PHOTO: BLOOMSBURY PUBLISHING

By Catherine Cho
Memoir/Bloomsbury/Paperback/272 pages/$25.97/Buy here/Borrow here

When her son was two months old, literary agent Catherine Cho and her husband embarked on an extended trip across the United States. While staying with her in-laws, she began to see devil eyes in her son's face. A voice in her head told her that he had to die.

By the time her husband took her to the hospital, she was stripping off her clothes and screaming as the nurses tried to restrain her. She sang in French as she was transferred to a psychiatric ward.

Cho was diagnosed with a rare form of post-partum psychosis that affects one or two in 1,000 women. She spent eight days in the ward, during which she believed she was a character in Dante Alighieri's mediaeval Italian poem Inferno and had to sacrifice herself to lead her husband through hell.

In this harrowing memoir, she looks at the intersections of motherhood and mental health, which remain shrouded in stigma.

8. Nightb****

By Rachel Yoder
Fiction/Harvill Secker/Paperback/236 pages/$29.95/Buy here

In writer Rachel Yoder's debut on the feral feminine, an unnamed middle-class American mother, stuck at home with her two-year-old son, finds a patch of coarse hair sprouting on the nape of her neck. Her teeth grow sharper.

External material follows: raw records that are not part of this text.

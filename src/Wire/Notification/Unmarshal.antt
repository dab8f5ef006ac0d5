-- ===== src/Wire/Notification/Unmarshal.antt =====
-- NotificationReadObject and NotificationUnmarshal of source/api/proto/Notification.c. Every null
-- pointer is tested there, so that each step gives its result and goes on.
pub mod Laws
pub mod Values
pub mod Back
pub mod Sizes
pub mod RoundTrip
use haze.Base.{
  ℕ, zero, suc, ◌≡◌, ◌++◌, ◌≤◌, ◌<◌, ℤ, Option, none, some, List, [], ◌∷◌, Bool, true, false, ltb,
  ◌==◌, ◌||◌, not, if◌then◌else◌, length, IsText, take,
}
use haze.Memory
use haze.Memory.{M, Heap, alloc, free, adopt}
use haze.Buffer.{RawBuffer}
use haze.Object
use haze.Object.{Object, ObjectArray, str, bin, array, object}
use haze.Object.Copy.{count, create_array, free_array, free_object}
use haze.Object.Array
use haze.Wire.Mpack.{Tag, Reader, Reads}
use haze.Wire.Notification
use haze.Wire.Notification.{Notification, rpc_notification, free_notification, append_param}
use haze.Wire.Notification.Expect.{max_params, max_method_size, Expect}
use haze.Wire.Cursor.{Cursor, S, pure, ◌>>=◌, ◌>>◌, mem, call, run}

has_zero : List ℕ → Bool
has_zero [] = false
has_zero (c ∷ rest) = c == 0 || has_zero rest

module _ {R : Type 0} (rd : Reader R) (ex : Expect R) where
  failed : S R Bool
  failed c = (rd.reader_failed c.reader, c)

  -- The end of a case that gives `k` blocks back and marks the reader.
  flagged_none : ℕ → S R (Option Object)
  unfolding free
  flagged_none k = do mem (free k); run ex.flag_error; pure none

  -- The object around a value in `k` blocks.
  around : Object → Bool → S R (Option Object)
  unfolding flagged_none
  around o true = pure (some o)
  around o false = flagged_none 1

  text_object : ℕ → List ℕ → S R (Option Object)
  unfolding around flagged_none has_zero
  text_object n bytes =
      if has_zero bytes
      then flagged_none 1
      else (do ok ← mem alloc; around (object (str (some bytes)) n) ok)

  text_body : ℕ → Bool → S R (Option Object)
  unfolding text_object failed flagged_none free
  text_body n false = flagged_none 0
  text_body n true = do
    bytes ← call (rd.read_bytes n)
    run rd.done_str
    bad ← failed
    if bad then (do mem (free 1); pure none) else text_object n bytes

  -- The case of a string.
  pub read_str : S R (Option Object)
  unfolding text_body failed
  read_str = do
    n ← call ex.expect_str
    bad ← failed
    if bad then pure none else (do room ← mem alloc; text_body n room)

  bytes_read : ℕ → S R (Option (List ℕ))
  bytes_read zero = pure none
  bytes_read (suc n) = do bytes ← call (rd.read_bytes (suc n)); pure (some bytes)

  bin_body : ℕ → Bool → S R (Option Object)
  unfolding around failed flagged_none bytes_read free
  bin_body n false = flagged_none 0
  bin_body n true = do
    bytes ← bytes_read n
    run rd.done_bin
    bad ← failed
    if bad then (do mem (free 1); pure none) else (do
      ok ← mem alloc
      around (object (bin (some (record { bytes = bytes; len = n }))) n) ok)

  -- The case of a bin.
  pub read_bin : S R (Option Object)
  unfolding bin_body failed
  read_bin = do
    n ← call ex.expect_bin
    bad ← failed
    if bad then pure none else (do room ← mem alloc; bin_body n room)

  -- The array is given back.
  drop_array : ObjectArray → S R (Option ObjectArray)
  unfolding free_array
  drop_array a = do mem (free_array a); pure none

  -- After ObjectArrayAppend of the element.
  appended :
      Object
      → (ObjectArray → S R (Option ObjectArray))
      → Bool × ObjectArray
      → S R (Option ObjectArray)
  unfolding drop_array
  appended v go (true, a) = do mem (free_object v); go a
  appended v go (false, a) = do
    mem (free_object v)
    mem (free_array a)
    run ex.flag_error
    pure none

  -- The loop over the elements, which `item` reads.
  unfoldable pub read_elements : S R (Option Object) → ℕ → ObjectArray → S R (Option ObjectArray)
  unfolding appended failed drop_array
  read_elements item zero a = pure (some a)
  read_elements item (suc n) a = failed >>= λ bad.
      if bad
      then drop_array a
      else item >>= λ v. elim v [
        | none ↦ drop_array a
        | some o ↦ mem (Array.append a (some o)) >>= appended o (read_elements item n)
      ]

  array_object : ℕ → ObjectArray → Bool → S R (Option Object)
  array_object n a true = pure (some (object (array a.slots a.capacity) n))
  array_object n a false = do mem (free_array a); run ex.flag_error; pure none

  array_body : S R (Option Object) → ℕ → Option ObjectArray → S R (Option Object)
  unfolding read_elements array_object failed
  array_body item n none = do run ex.flag_error; pure none
  array_body item n (some a) = read_elements item n a >>= λ all. elim all [
    | none ↦ pure none
    | some b ↦ (do
      run rd.done_array
      bad ← failed
      if bad then (do mem (free_array b); pure none) else (do ok ← mem alloc; array_object n b ok))
  ]

  -- The case of an array.
  read_array : S R (Option Object) → S R (Option Object)
  unfolding array_body failed
  read_array item = do
    n ← call (ex.expect_array_max max_params)
    bad ← failed
    if bad then pure none else (do a ← mem create_array; array_body item n a)

  pub read_tagged : S R (Option Object) → Tag → S R (Option Object)
  unfolding read_array read_str read_bin
  read_tagged item Tag.nil = do run ex.expect_nil; mem Object.create_nil
  read_tagged item (Tag.bool b) = do b' ← call ex.expect_bool; mem (Object.create_bool b')
  read_tagged item (Tag.int z) = do z' ← call ex.expect_int; mem (Object.create_int z')
  read_tagged item (Tag.uint n) = do n' ← call ex.expect_uint; mem (Object.create_uint n')
  read_tagged item (Tag.float x) = do x' ← call ex.expect_float; mem (Object.create_float x')
  read_tagged item (Tag.double x) = do x' ← call ex.expect_double; mem (Object.create_double x')
  read_tagged item (Tag.str n) = read_str
  read_tagged item (Tag.bin n) = read_bin
  read_tagged item (Tag.array n) = read_array item
  read_tagged item _ = do run ex.discard; run ex.flag_error; pure none

  -- NotificationReadObject, with fuel for the arrays inside one another.
  unfoldable pub read_object : ℕ → S R (Option Object)
  unfolding read_tagged
  read_object zero = pure none
  read_object (suc fuel) = do tag ← call ex.peek_tag; read_tagged (read_object fuel) tag

  drop_notification : Notification → S R (Option Notification)
  drop_notification n = do mem (free_notification n); pure none

  param_done :
      Object
      → Notification
      → (Notification → S R (Option Notification))
      → Bool × Option ObjectArray
      → S R (Option Notification)
  unfolding drop_notification
  param_done o q go (true, params) = do mem (free_object o); go (record q { params = params })
  param_done o q go (false, params) = do
    mem (free_object o)
    drop_notification (record q { params = params })

  -- The loop over the parameters.
  read_params : S R (Option Object) → ℕ → Notification → S R (Option Notification)
  unfolding param_done drop_notification append_param
  read_params item zero q = pure (some q)
  read_params item (suc n) q = item >>= λ v. elim v [
    | none ↦ drop_notification q
    | some o ↦ mem (append_param q.params (some o)) >>= param_done o q (read_params item n)
  ]

  -- The end, with mpack_reader_destroy, which returns the error of the reader.
  close_message : Option Notification → S R (Option Notification)
  unfolding drop_notification failed
  close_message none = pure none
  close_message (some q) = do
    run rd.done_array
    run rd.done_array
    bad ← failed
    if bad then drop_notification q else pure (some q)

  with_notification :
      S R (Option Object) → List ℕ → ℕ → Option Notification → S R (Option Notification)
  unfolding read_params close_message free
  with_notification item m n none = do mem (free 1); pure none
  with_notification item m n (some q) =
      read_params item n (record q { method = some m }) >>= close_message

  with_method : S R (Option Object) → Option (List ℕ) → S R (Option Notification)
  unfolding with_notification failed free adopt
  with_method item none = pure none
  with_method item (some m) = do
    mem adopt
    bad ← failed
    if bad then (do mem (free 1); pure none) else (do
      n ← call (ex.expect_array_max max_params)
      bad ← failed
      if bad
          then (do mem (free 1); pure none)
          else (do q ← mem Notification.new; with_notification item m n q))

  read_message : S R (Option Object) → S R (Option Notification)
  unfolding with_method failed
  read_message item = do
    n ← call (ex.expect_array_max 3)
    bad ← failed
    if bad || not (n == 3) then pure none else (do
      run (ex.expect_uint_match rpc_notification)
      bad ← failed
      if bad
          then pure none
          else (do m ← call (ex.expect_cstr_alloc max_method_size); with_method item m))

  unmarshal_bytes : Option (List ℕ) → ℕ → M (Option Notification)
  unfolding read_message
  unmarshal_bytes none len h = (none, h)
  unmarshal_bytes (some bytes) len h =
      let (q, c) =
        read_message (read_object (suc len))
          (record { reader = rd.init_data (take len bytes); heap = h }) in
      if len == 0 then (none, h) else (q, c.heap)

  -- NotificationUnmarshal; an array takes a byte at least, so that the buffer's length is enough fuel.
  unfoldable pub unmarshal : Option RawBuffer → M (Option Notification)
  unfolding unmarshal_bytes
  unmarshal none = Memory.pure none
  unmarshal (some b) = unmarshal_bytes b.bytes b.len
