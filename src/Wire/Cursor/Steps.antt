-- ===== src/Wire/Cursor/Steps.antt =====
-- Steps on input that stands in its encoding.
use haze.Base.{ℕ, ◌≡◌, refl, Option, none, some, List}
use haze.Memory.{M, IsAmple}
use haze.Object.{Object}
use haze.Object.Copy.Content.{canonical}
use haze.Wire.Mpack.{Tag, Reader, Reads}
use haze.Wire.Cursor.{Cursor, S, mem}
use haze.Wire.Request.Unmarshal.Steps.{Makes}

-- The step gave something, of which and of what is behind it `Q` holds.
abbrev pub Gives {ℓ} :
    {R : Type 0} {A : Type ℓ} → Option A × Cursor R → (A → Cursor R → Type 0) → Type 0
Gives (none, c) Q = ⊥
Gives (some a, c) Q = Q a c

pub Gives-then {ℓ κ} :
    {R : Type 0} {A : Type ℓ} {B : Type κ} (r : Option A × Cursor R) (n : S R (Option B))
    (f : A → S R (Option B)) (Q : A → Cursor R → Type 0) (Q' : B → Cursor R → Type 0)
    → Gives r Q
    → ((a : A) (c : Cursor R) → Q a c → Gives (f a c) Q')
    → Gives ((elim r.0 as (λ _. S R (Option B)) [ none ↦ n | some a ↦ f a ]) r.1) Q'
Gives-then (none, c) n f Q Q' g k = absurd g
Gives-then (some a, c) n f Q Q' g k = k a c g

pub Gives-mono {ℓ} :
    {R : Type 0} {A : Type ℓ} (r : Option A × Cursor R) (Q Q' : A → Cursor R → Type 0)
    → ((a : A) (c : Cursor R) → Q a c → Q' a c)
    → Gives r Q
    → Gives r Q'
Gives-mono (none, c) Q Q' k g = g
Gives-mono (some a, c) Q Q' k g = k a c g

module _ {R : Type 0} (rd : Reader R) (enc : Tag → List ℕ) (law : Reads rd enc) where
  -- The reader stands before these bytes, and memory is ample.
  abbrev pub At : Cursor R → List ℕ → Type 0
  At c bytes = (law.input c.reader ≡ some bytes) × IsAmple c.heap

  -- An object came with the content of `o`, and the reader is behind it.
  abbrev pub Came : Object → List ℕ → Object → Cursor R → Type 0
  Came o rest v c = (canonical v ≡ canonical o) × At c rest

  pub made-Gives :
      (make : M (Option Object)) (o : Object) (rest : List ℕ) (c : Cursor R)
      → Makes rd enc law make o
      → At c rest
      → Gives (mem make c) (Came o rest)
  unfolding Makes
  made-Gives make o rest c k (i, a) = let (there, ample) = k c.heap a in rw there (refl, (i, ample))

"I think I'm turning into a dog," she says to her husband. Soon, she transforms into Nightb***h, prowling outside after dark and committing primal acts of violence.

9. Easy Beauty

PHOTO: VIRAGO

By Chloe Cooper Jones
Memoir/Virago/Paperback/288 pages/$31.96/Buy here

New York-based writer Chloe Cooper Jones was born with a rare physical condition called sacral agenesis, which affects her stature and gait. After she becomes a mother, Jones - a finalist for the 2020 Pulitzer Prize in feature writing - journeys from Brooklyn to Rome, Milan and Phnom Penh, unpacking the myths behind society's standards of beauty and desirability.

The title refers to what British philosopher Bernard Bosanquet described as "easy" beauty - that which is more straightforward and accessible. Difficult beauty, by contrast, requires more time, patience and concentration.

10. The Waiting

PHOTO: DRAWN & QUARTERLY

By Keum Suk Gendry-Kim, translated by Janet Hong
Graphic novel/Drawn & Quarterly/Paperback/248 pages/$43.78/Buy here

In present-day South Korea, a woman tells the story of her mother who was separated from her son in 1950 during the Korean War. It has been a lifetime of waiting. Will she get to see him again?

This fictional graphic novel, rendered in inky black-and-white drawings, was partly inspired by the author's mother, whose sister was left behind in Pyongyang, on the other side of the 38th parallel.